If the bank had properly profiled its customers, such a mistake would not have happened. The bank could have a profile of its clients based on predetermined criteria.

Let us assume the bank has profiled its clients as platinum, gold, silver, bronze and iron, in order of importance. The bank was having a high turnover of quality clients because of rigidly applying loan assessment criteria even in situations where it may be necessary to have a further look on each case based on need for long-term relationship with the client.

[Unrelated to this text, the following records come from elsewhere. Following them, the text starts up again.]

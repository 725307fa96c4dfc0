-- ===== src/User/Os/Sleep.antt =====
-- When `OS::Sleep` ends (OS.hpp, lines 188-207).
use tomat_os_old.Common.{
  ℕ, zero, suc, ◌<◌, ◌≡◌, refl, ap, ◌∙◌, ◌⊎◌, inl, inr, Bool, true, false, ◌==◌, ◌&&◌, List, [],
  ◌∷◌, All, length, done, arith, Bool-cases,
}
use tomat_os_old.Kernel.{Registers, timer, Event}
use tomat_os_old.Boot.Isr.{RegsHandler}
use tomat_os_old.User.Os.{
  kind_number, is_kind, tomato_os_pull_event, pull_kind, pull_event, wait_timer, start_timer, sleep,
}
use tomat_os_old.User.Os.Wait.{Delivers, pulled, kind_found, kind_missed}

-- Whether an event is the one of the timer `id`.
abbrev is_timer : ℕ → Event → Bool
is_timer id event = is_kind timer event && (event.data0 == id)

not_timer :
    (id : ℕ) (e : Event) → is_kind timer e ≡ true → is_timer id e ≡ false → (e.data0 == id) ≡ false
not_timer id e is other = ground (arith, is, other)

of_timer :
    (id : ℕ) (e : Event)
    → is_timer id e ≡ true
    → (is_kind timer e ≡ true) × ((e.data0 == id) ≡ true)
of_timer id e is = (ground (arith, is), ground (arith, is))

module _ {S : Type 0} (trap : RegsHandler S) (event_at : S → ℕ → Event) (regs : Registers) where
  -- The next event of any timer, of the events that the kernel delivers up to that of the timer `id`; fewer than `n` others are left before it.
  Next : (id n : ℕ) → (u : S) → Event × S → Type 0
  Next id n u (e, v) =
      (is_kind timer e ≡ true)
      × ((((e.data0 == id) ≡ true) × (v ≡ u))
          ⊎ (((e.data0 == id) ≡ false)
              × ((es' : List Event) × (t : S) × (last : Event) × Delivers trap event_at regs es' v t
                  × All (λ e. is_timer id e ≡ false) es'
                  × (tomato_os_pull_event trap event_at regs t ≡ done (last, u))
                  × (is_timer id last ≡ true)
                  × (length es' < n))))

  Next-more : (id n : ℕ) (u : S) (out : Event × S) → Next id n u out → Next id (suc n) u out
  unfolding Next
  Next-more id n u out (kind, inl found) = (kind, inl found)
  Next-more id n u out (kind, inr (other, (es, t, e, some_events, others, last, is, fewer))) =
      (kind, inr (other, (es, t, e, some_events, others, last, is, omega (arith, fewer))))

  timer-Next :
      (fuel id : ℕ) (es : List Event) (e : Event) (s t u : S)
      → Delivers trap event_at regs es s t
      → All (λ e. is_timer id e ≡ false) es
      → tomato_os_pull_event trap event_at regs t ≡ done (e, u)
      → is_timer id e ≡ true
      → length es < fuel
      → (out : Event × S) × (pull_kind trap event_at regs fuel timer s ≡ done out)
        × Next id (length es) u out
  unfolding Next
  timer-Next zero id es e s t u some_events others last is enough = ground (arith, enough)
  timer-Next (suc fuel) id [] e s _ u Delivers.nothing others last is enough =
      let (kind, same) = of_timer id e is in
      ((e, u), kind_found trap event_at regs fuel timer e s u last kind, (kind, inl (same, refl)))
  timer-Next (suc fuel) id (e' ∷ es) e s t u (Delivers.next {t = v} pull rest) (other, others) last
        is enough =
      elim (Bool-cases (is_kind timer e')) [
        | inl kind ↦ (
          (e', v),
          kind_found trap event_at regs fuel timer e' s v pull kind,
          (kind, inr (not_timer id e' kind other, (es, t, e, rest, others, last, is, omega arith))),
        )
        | inr kind ↦
            let (out, run, next) =
              timer-Next fuel id es e v t u rest others last is (omega (arith, enough)) in
            (
              out,
              kind_missed trap event_at regs fuel timer e' s v pull kind ∙ run,
              Next-more id (length es) u out next,
            )
      ]

  timer_pulled :
      (inner : ℕ) (s u : S) (e : Event)
      → pull_kind trap event_at regs inner timer s ≡ done (e, u)
      → is_kind timer e ≡ true
      → pull_event trap event_at regs inner timer s ≡ done (e, u)
  unfolding kind_number
  timer_pulled inner s u e run kind =
      pulled trap event_at regs inner timer e s u (omega arith) (omega arith) run kind

  wait_found :
      (inner outer id : ℕ) (s u : S) (e : Event)
      → pull_event trap event_at regs inner timer s ≡ done (e, u)
      → (e.data0 == id) ≡ true
      → wait_timer trap event_at regs inner (suc outer) id s ≡ done u
  unfolding wait_timer
  wait_found inner outer id s u e pull same = rw (wait_timer, pull, same) refl

  wait_missed :
      (inner outer id : ℕ) (s u : S) (e : Event)
      → pull_event trap event_at regs inner timer s ≡ done (e, u)
      → (e.data0 == id) ≡ false
      → wait_timer trap event_at regs inner (suc outer) id s
        ≡ wait_timer trap event_at regs inner outer id u
  unfolding wait_timer
  wait_missed inner outer id s u e pull other = rw (wait_timer, pull, other) refl

  wait_timer-Delivers :
      (inner outer id : ℕ) (es : List Event) (e : Event) (s t u : S)
      → Delivers trap event_at regs es s t
      → All (λ e. is_timer id e ≡ false) es
      → tomato_os_pull_event trap event_at regs t ≡ done (e, u)
      → is_timer id e ≡ true
      → length es < inner
      → length es < outer
      → wait_timer trap event_at regs inner outer id s ≡ done u
  unfolding Next
  wait_timer-Delivers inner zero id es e s t u some_events others last is enough rounds =
      ground (arith, rounds)
  wait_timer-Delivers inner (suc outer) id es e s t u some_events others last is enough rounds =
      let (out, run, next) = timer-Next inner id es e s t u some_events others last is enough in
      let e' = out.0 in
      let v = out.1 in
      let (kind, which) = next in
      elim which [
        | inl (same, end) ↦
            wait_found inner outer id s v e' (timer_pulled inner s v e' run kind) same ∙ ap done end
        | inr (other, (es', t', last', some', others', last_pull, is', fewer)) ↦
            wait_missed inner outer id s v e' (timer_pulled inner s v e' run kind) other
            ∙ wait_timer-Delivers inner outer id es' last' v t' u some' others' last_pull is'
                (omega (arith, fewer, enough)) (omega (arith, fewer, rounds))
      ]

  module _ {F : Type 0} (to_millis : F → ℕ) where
    -- `OS::Sleep` ends with the event of the timer that it has started, the first one with that
    -- timer's number among those that the kernel delivers, and loses every event before it,
    -- requests to terminate and the events of other timers among them. The fuel of both loops
    -- exceeds the number of lost events. Its argument is passed on as seconds.
    pub sleep-Delivers :
        (inner outer id : ℕ) (time : F) (es : List Event) (e : Event) (s s0 t u : S)
        → start_timer trap event_at regs to_millis time s ≡ done (id, s0)
        → Delivers trap event_at regs es s0 t
        → All (λ e. is_timer id e ≡ false) es
        → tomato_os_pull_event trap event_at regs t ≡ done (e, u)
        → is_timer id e ≡ true
        → length es < inner
        → length es < outer
        → sleep trap event_at regs to_millis inner outer time s ≡ done u
    unfolding sleep
    sleep-Delivers inner outer id time es e s s0 t u started some_events others last is enough
          rounds =
        rw started
          (wait_timer-Delivers inner outer id es e s0 t u some_events others last is enough rounds)
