-- ===== src/User/Os/Tests.antt =====
-- Runs of a program that waits.
use tomat_os_old.Common.{ℕ, ◌*◌, ◌==◌, if◌then◌else◌, ◌≡◌, refl, List, [], ◌∷◌, Run, done, arith}
use tomat_os_old.Kernel.{Registers, Event, timer, key, terminate}
use tomat_os_old.Boot.Isr.{RegsHandler}
use tomat_os_old.User.Os.{
  kind_number, is_kind, pull_event_raw, pull_event, tomato_os_pull_event, start_timer,
  tomato_os_start_timer, sleep,
}
use tomat_os_old.User.Os.Wait.{Delivers, pull_event-Delivers}
use tomat_os_old.User.Os.Sleep.{sleep-Delivers}

abbrev zeroes : Registers
zeroes = record {
  ds = 0;
  edi = 0;
  esi = 0;
  ebp = 0;
  esp = 0;
  ebx = 0;
  edx = 0;
  ecx = 0;
  eax = 0;
  int_no = 0;
  code = 0;
  eip = 0;
  cs = 0;
  eflags = 0;
  useresp = 0;
  ss = 0;
}

-- A kernel that answers a call with the first of the events; the state holds the event in memory and
-- the events that are still to come.
abbrev Stream : Type 0
Stream = Event × List Event

abbrev no_event : Event
no_event = record { type = key; data0 = 0; data1 = 0; data2 = 0; data3 = 0 }

abbrev first_of : Registers → Event → List Event → Run (Registers × Stream)
first_of regs last [] = done (record regs { eax = 7 }, (last, []))
first_of regs last (e ∷ es) = done (record regs { eax = 7 }, (e, es))

-- The number 45 starts the timer 7; every other one delivers an event.
abbrev deliver : RegsHandler Stream
deliver regs (last, es) =
    if regs.eax == 45 then done (record regs { eax = 7 }, (last, es)) else first_of regs last es

abbrev read : Stream → ℕ → Event
read s ptr = s.0

abbrev stop : Event
stop = record no_event { type = terminate }

abbrev tick : ℕ → Event
tick id = record no_event { type = timer; data0 = id }

pull_event_example :
    (pull_event_raw deliver read zeroes 3 timer (no_event, stop ∷ no_event ∷ tick 7 ∷ [])
      ≡ done (tick 7, (tick 7, [])))
    × (pull_event deliver read zeroes 3 timer (no_event, stop ∷ no_event ∷ tick 7 ∷ [])
        ≡ done (tick 7, (tick 7, [])))
unfolding tomato_os_pull_event is_kind kind_number
pull_event_example =
    pull_event-Delivers deliver read zeroes 3 timer (stop ∷ no_event ∷ []) (tick 7)
      (no_event, stop ∷ no_event ∷ tick 7 ∷ []) (no_event, tick 7 ∷ []) (tick 7, []) (omega arith)
      (omega arith) (Delivers.next refl (Delivers.next refl Delivers.nothing)) (refl, (refl, tt))
      refl refl (omega arith)

sleep_example :
    sleep deliver read zeroes (λ time. time * 1000) 3 3 2 (no_event, tick 6 ∷ stop ∷ tick 7 ∷ [])
    ≡ done (tick 7, [])
unfolding tomato_os_pull_event is_kind kind_number start_timer tomato_os_start_timer
sleep_example =
    sleep-Delivers deliver read zeroes (λ time. time * 1000) 3 3 7 2 (tick 6 ∷ stop ∷ []) (tick 7)
      (no_event, tick 6 ∷ stop ∷ tick 7 ∷ []) (no_event, tick 6 ∷ stop ∷ tick 7 ∷ [])
      (stop, tick 7 ∷ []) (tick 7, []) refl
      (Delivers.next refl (Delivers.next refl Delivers.nothing)) (refl, (refl, tt)) refl refl
      (omega arith) (omega arith)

Even when it comes to customer care, it would mean for instance that if a junior staff encounters a situation with a customer ranked as silver and above, he would need to escalate the issue to a manager instead of insisting on the standard procedure of handling the challenge. The manager presumably with more experience will be in a better position to resolve the issue in the most amicable manner by making decisions that a junior staff may not be authorised to make.

Conclusion

The most important thing about customer profiling is its ability to predict the nature and character of ideal customers. This will be helpful in targeting new high quality customers. The more you understand your current customer, the better you will understand potential ones. Among the cardinal commandments of marketing is that “thou shall understand your customer” but many like focusing on “thou shall understand your competitors.” If you understand your customers and treat them well, you need not fear the competition.

Thanks to Customer Relationship Management software, your customers need not be your strangers. Developing a deepened understanding of your customers improves how you relate with them, which is key to higher customer retention. This means not only conducting customer surveys but also capturing key data about your customers and analysing it for decision-making.